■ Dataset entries
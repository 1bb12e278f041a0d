-- ===== src/Subscriptions/Format/RoundTrip.antt =====
-- src/common/subscription-manager.ts: an MQTT topic that a client constructs is deconstructed into
-- the parts that it was made of.
use Prim.Native.String.{len}
use text.Mathlib.Text.{◌==◌}
use text.Mathlib.TextEquality.{eq_iff}
use text.Mathlib.TextPositions.{len-append}
use vda_5050_lib_2_0_0_js.Prelude.{
  ℕ, ◌<◌, ◌+◌, ◌≡◌, refl, ap, ◌∙◌, ◌≢◌, String, Option, none, some, false, List, length, arith, All,
  NoSlash, split_slash, join_slash, append, split-join, split_slash-NoSlash, length-split_slash, ok,
}
use vda_5050_lib_2_0_0_js.Mqtt.{get_utf8_bytes_count}
use vda_5050_lib_2_0_0_js.Mqtt.Utf8.{get_utf8_bytes_count_lem}
use vda_5050_lib_2_0_0_js.Subscriptions.Format.{
  Format, Placeholder, placeholder, index, assign, fill, level_at, compile, construct_mqtt_topic,
  deconstruct_mqtt_topic, sum_bytes, mqtt_topic_utf8_length, major_version_of,
}
use vda_5050_lib_2_0_0_js.Subscriptions.Format.Laws.{
  level_at-assign_self, level_at-assign_ne, level_at-index, index-Apart, assign-All, length-assign,
}

-- A part is recovered where its placeholder occurs in the format.
abbrev pub present : Option ℕ → String → Option String
present none v = none
present (some i) v = some v

ne_of_beq : (a b : String) → (a == b) ≡ false → a ≢ b
ne_of_beq a b h = ground (arith, eq_iff a b)

keep :
    (f : Format) (q p : Placeholder) (v : String) (levels : List String) {r : Option String}
    → (placeholder q == placeholder p) ≡ false
    → level_at levels (index f p) ≡ r
    → level_at (assign (index f q) v levels) (index f p) ≡ r
keep f q p v levels h e =
    level_at-assign_ne (index f q) (index f p) v levels (index-Apart f q p (ne_of_beq _ _ h)) ∙ e

recover :
    (f : Format) (p : Placeholder) (v : String) (levels : List String)
    → level_at levels (index f p) ≡ level_at f.levels (index f p)
    → level_at (assign (index f p) v levels) (index f p) ≡ present (index f p) v
recover f p v levels e =
    ground (arith, level_at-assign_self (index f p) v levels, level_at-index f p)

module _ (f : Format) (m s t : String) where
  fill_topic :
      level_at (fill f m s t f.levels) (index f Placeholder.for_topic)
      ≡ present (index f Placeholder.for_topic) t
  unfolding fill
  fill_topic = recover f Placeholder.for_topic t _ (
      keep f Placeholder.for_serial_number Placeholder.for_topic s _ refl (
        keep f Placeholder.for_manufacturer Placeholder.for_topic m _ refl (
          keep f Placeholder.for_version Placeholder.for_topic f.version _ refl
            (keep f Placeholder.for_interface Placeholder.for_topic f.interface _ refl refl))))

  fill_serial :
      level_at (fill f m s t f.levels) (index f Placeholder.for_serial_number)
      ≡ present (index f Placeholder.for_serial_number) s
  unfolding fill
  fill_serial = keep f Placeholder.for_topic Placeholder.for_serial_number t _ refl (
      recover f Placeholder.for_serial_number s _ (
        keep f Placeholder.for_manufacturer Placeholder.for_serial_number m _ refl (
          keep f Placeholder.for_version Placeholder.for_serial_number f.version _ refl (
            keep f Placeholder.for_interface Placeholder.for_serial_number f.interface _ refl
              refl))))

  fill_manufacturer :
      level_at (fill f m s t f.levels) (index f Placeholder.for_manufacturer)
      ≡ present (index f Placeholder.for_manufacturer) m
  unfolding fill
  fill_manufacturer = keep f Placeholder.for_topic Placeholder.for_manufacturer t _ refl (
      keep f Placeholder.for_serial_number Placeholder.for_manufacturer s _ refl (
        recover f Placeholder.for_manufacturer m _ (
          keep f Placeholder.for_version Placeholder.for_manufacturer f.version _ refl (
            keep f Placeholder.for_interface Placeholder.for_manufacturer f.interface _ refl
              refl))))

  fill-NoSlash :
      All NoSlash f.levels
      → NoSlash f.interface
      → NoSlash f.version
      → NoSlash m
      → NoSlash s
      → NoSlash t
      → All NoSlash (fill f m s t f.levels)
  unfolding fill
  fill-NoSlash h hi hv hm hs ht =
      assign-All NoSlash _ t _
        (assign-All NoSlash _ s _
          (assign-All NoSlash _ m _
            (assign-All NoSlash _ f.version _ (assign-All NoSlash _ f.interface _ h hi) hv) hm)
          hs)
        ht

  length-fill : length (fill f m s t f.levels) ≡ length f.levels
  unfolding fill
  length-fill = simp length-assign

-- The levels of a compiled format are those of the text, and hold its topic placeholder.
compile-eq-ok :
    (topic_format name version : String) (f : Format)
    → compile topic_format name version ≡ ok f
    → (f.levels ≡ split_slash topic_format)
      × (f.interface ≡ name)
      × (f.version ≡ major_version_of version)
      × (index f Placeholder.for_topic ≢ none)
unfolding compile index
compile-eq-ok topic_format name version f e =
    (ground arith, ground arith, ground arith, ground arith)

-- An MQTT topic constructed by a compiled format is deconstructed into the manufacturer and the
-- serial number where the format has their placeholders, and into the topic always, provided that
-- no part holds a slash.
pub deconstruct-construct :
    (topic_format name version : String) (f : Format) (m s t : String)
    → compile topic_format name version ≡ ok f
    → NoSlash name
    → NoSlash (major_version_of version)
    → NoSlash m
    → NoSlash s
    → NoSlash t
    → deconstruct_mqtt_topic f (construct_mqtt_topic f m s t) ≡ record {
      manufacturer = present (index f Placeholder.for_manufacturer) m;
      serial_number = present (index f Placeholder.for_serial_number) s;
      topic = some t;
    }
unfolding deconstruct_mqtt_topic construct_mqtt_topic
deconstruct-construct topic_format name version f m s t e hn hv hm hs ht =
    let (levels, interface, version', occurs) = compile-eq-ok topic_format name version f e in
    let parts = fill f m s t f.levels in
    let plain : All NoSlash parts =
      fill-NoSlash f m s t (rw levels (split_slash-NoSlash topic_format)) (rw interface hn)
        (rw version' hv) hm hs ht in
    let some_part : 0 < length parts =
      omega (arith, length-fill f m s t, ap length levels, length-split_slash topic_format) in
    let back : split_slash (join_slash parts) ≡ parts = split-join parts some_part plain in
    ground (arith, back, fill_manufacturer f m s t, fill_serial f m s t, fill_topic f m s t)

sum_bytes_lem :
    (prev : ℕ) (parts : List String) → sum_bytes prev parts ≡ prev + len (join_slash parts)
unfolding sum_bytes join_slash
sum_bytes_lem prev List.[] = omega arith
sum_bytes_lem prev (List.◌∷◌ s List.[]) = omega (arith, get_utf8_bytes_count_lem s)
sum_bytes_lem prev (List.◌∷◌ s (List.◌∷◌ t parts)) = omega (
  arith,
  get_utf8_bytes_count_lem s,
  len-append s (append "/" (join_slash (List.◌∷◌ t parts))),
  len-append "/" (join_slash (List.◌∷◌ t parts)),
  sum_bytes_lem (prev + get_utf8_bytes_count s + 1) (List.◌∷◌ t parts),
)

-- The length computed level by level is the UTF-8 length of the topic that is constructed.
mqtt_topic_utf8_length_lem :
    (f : Format) (m s t : String)
    → mqtt_topic_utf8_length f m s t ≡ len (construct_mqtt_topic f m s t)
unfolding mqtt_topic_utf8_length construct_mqtt_topic
mqtt_topic_utf8_length_lem f m s t = omega (arith, sum_bytes_lem 0 (fill f m s t f.levels))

■ REQUIRED WORK
Exact copies of all entries are what's needed here.

■ WRITTEN RESPONSE
repository 1bb12e278f041a0d
-- ===== src/Subscriptions/Format/RoundTrip.antt =====
-- src/common/subscription-manager.ts: an MQTT topic that a client constructs is deconstructed into
-- the parts that it was made of.
use Prim.Native.String.{len}
use text.Mathlib.Text.{◌==◌}
use text.Mathlib.TextEquality.{eq_iff}
use text.Mathlib.TextPositions.{len-append}
use vda_5050_lib_2_0_0_js.Prelude.{
  ℕ, ◌<◌, ◌+◌, ◌≡◌, refl, ap, ◌∙◌, ◌≢◌, String, Option, none, some, false, List, length, arith, All,
  NoSlash, split_slash, join_slash, append, split-join, split_slash-NoSlash, length-split_slash, ok,
}
use vda_5050_lib_2_0_0_js.Mqtt.{get_utf8_bytes_count}
use vda_5050_lib_2_0_0_js.Mqtt.Utf8.{get_utf8_bytes_count_lem}
use vda_5050_lib_2_0_0_js.Subscriptions.Format.{
  Format, Placeholder, placeholder, index, assign, fill, level_at, compile, construct_mqtt_topic,
  deconstruct_mqtt_topic, sum_bytes, mqtt_topic_utf8_length, major_version_of,
}
use vda_5050_lib_2_0_0_js.Subscriptions.Format.Laws.{
  level_at-assign_self, level_at-assign_ne, level_at-index, index-Apart, assign-All, length-assign,
}

-- A part is recovered where its placeholder occurs in the format.
abbrev pub present : Option ℕ → String → Option String
present none v = none
present (some i) v = some v

ne_of_beq : (a b : String) → (a == b) ≡ false → a ≢ b
ne_of_beq a b h = ground (arith, eq_iff a b)

keep :
    (f : Format) (q p : Placeholder) (v : String) (levels : List String) {r : Option String}
    → (placeholder q == placeholder p) ≡ false
    → level_at levels (index f p) ≡ r
    → level_at (assign (index f q) v levels) (index f p) ≡ r
keep f q p v levels h e =
    level_at-assign_ne (index f q) (index f p) v levels (index-Apart f q p (ne_of_beq _ _ h)) ∙ e

recover :
    (f : Format) (p : Placeholder) (v : String) (levels : List String)
    → level_at levels (index f p) ≡ level_at f.levels (index f p)
    → level_at (assign (index f p) v levels) (index f p) ≡ present (index f p) v
recover f p v levels e =
    ground (arith, level_at-assign_self (index f p) v levels, level_at-index f p)

module _ (f : Format) (m s t : String) where
  fill_topic :
      level_at (fill f m s t f.levels) (index f Placeholder.for_topic)
      ≡ present (index f Placeholder.for_topic) t
  unfolding fill
  fill_topic = recover f Placeholder.for_topic t _ (
      keep f Placeholder.for_serial_number Placeholder.for_topic s _ refl (
        keep f Placeholder.for_manufacturer Placeholder.for_topic m _ refl (
          keep f Placeholder.for_version Placeholder.for_topic f.version _ refl
            (keep f Placeholder.for_interface Placeholder.for_topic f.interface _ refl refl))))

  fill_serial :
      level_at (fill f m s t f.levels) (index f Placeholder.for_serial_number)
      ≡ present (index f Placeholder.for_serial_number) s
  unfolding fill
  fill_serial = keep f Placeholder.for_topic Placeholder.for_serial_number t _ refl (
      recover f Placeholder.for_serial_number s _ (
        keep f Placeholder.for_manufacturer Placeholder.for_serial_number m _ refl (
          keep f Placeholder.for_version Placeholder.for_serial_number f.version _ refl (
            keep f Placeholder.for_interface Placeholder.for_serial_number f.interface _ refl
              refl))))

  fill_manufacturer :
      level_at (fill f m s t f.levels) (index f Placeholder.for_manufacturer)
      ≡ present (index f Placeholder.for_manufacturer) m
  unfolding fill
  fill_manufacturer = keep f Placeholder.for_topic Placeholder.for_manufacturer t _ refl (
      keep f Placeholder.for_serial_number Placeholder.for_manufacturer s _ refl (
        recover f Placeholder.for_manufacturer m _ (
          keep f Placeholder.for_version Placeholder.for_manufacturer f.version _ refl (
            keep f Placeholder.for_interface Placeholder.for_manufacturer f.interface _ refl
              refl))))

  fill-NoSlash :
      All NoSlash f.levels
      → NoSlash f.interface
      → NoSlash f.version
      → NoSlash m
      → NoSlash s
      → NoSlash t
      → All NoSlash (fill f m s t f.levels)
  unfolding fill
  fill-NoSlash h hi hv hm hs ht =
      assign-All NoSlash _ t _
        (assign-All NoSlash _ s _
          (assign-All NoSlash _ m _
            (assign-All NoSlash _ f.version _ (assign-All NoSlash _ f.interface _ h hi) hv) hm)
          hs)
        ht

  length-fill : length (fill f m s t f.levels) ≡ length f.levels
  unfolding fill
  length-fill = simp length-assign

-- The levels of a compiled format are those of the text, and hold its topic placeholder.
compile-eq-ok :
    (topic_format name version : String) (f : Format)
    → compile topic_format name version ≡ ok f
    → (f.levels ≡ split_slash topic_format)
      × (f.interface ≡ name)
      × (f.version ≡ major_version_of version)
      × (index f Placeholder.for_topic ≢ none)
unfolding compile index
compile-eq-ok topic_format name version f e =
    (ground arith, ground arith, ground arith, ground arith)

-- An MQTT topic constructed by a compiled format is deconstructed into the manufacturer and the
-- serial number where the format has their placeholders, and into the topic always, provided that
-- no part holds a slash.
pub deconstruct-construct :
    (topic_format name version : String) (f : Format) (m s t : String)
    → compile topic_format name version ≡ ok f
    → NoSlash name
    → NoSlash (major_version_of version)
    → NoSlash m
    → NoSlash s
    → NoSlash t
    → deconstruct_mqtt_topic f (construct_mqtt_topic f m s t) ≡ record {
      manufacturer = present (index f Placeholder.for_manufacturer) m;
      serial_number = present (index f Placeholder.for_serial_number) s;
      topic = some t;
    }
unfolding deconstruct_mqtt_topic construct_mqtt_topic
deconstruct-construct topic_format name version f m s t e hn hv hm hs ht =
    let (levels, interface, version', occurs) = compile-eq-ok topic_format name version f e in
    let parts = fill f m s t f.levels in
    let plain : All NoSlash parts =
      fill-NoSlash f m s t (rw levels (split_slash-NoSlash topic_format)) (rw interface hn)
        (rw version' hv) hm hs ht in
    let some_part : 0 < length parts =
      omega (arith, length-fill f m s t, ap length levels, length-split_slash topic_format) in
    let back : split_slash (join_slash parts) ≡ parts = split-join parts some_part plain in
    ground (arith, back, fill_manufacturer f m s t, fill_serial f m s t, fill_topic f m s t)

sum_bytes_lem :
    (prev : ℕ) (parts : List String) → sum_bytes prev parts ≡ prev + len (join_slash parts)
unfolding sum_bytes join_slash
sum_bytes_lem prev List.[] = omega arith
sum_bytes_lem prev (List.◌∷◌ s List.[]) = omega (arith, get_utf8_bytes_count_lem s)
sum_bytes_lem prev (List.◌∷◌ s (List.◌∷◌ t parts)) = omega (
  arith,
  get_utf8_bytes_count_lem s,
  len-append s (append "/" (join_slash (List.◌∷◌ t parts))),
  len-append "/" (join_slash (List.◌∷◌ t parts)),
  sum_bytes_lem (prev + get_utf8_bytes_count s + 1) (List.◌∷◌ t parts),
)

-- The length computed level by level is the UTF-8 length of the topic that is constructed.
mqtt_topic_utf8_length_lem :
    (f : Format) (m s t : String)
    → mqtt_topic_utf8_length f m s t ≡ len (construct_mqtt_topic f m s t)
unfolding mqtt_topic_utf8_length construct_mqtt_topic
mqtt_topic_utf8_length_lem f m s t = omega (arith, sum_bytes_lem 0 (fill f m s t f.levels))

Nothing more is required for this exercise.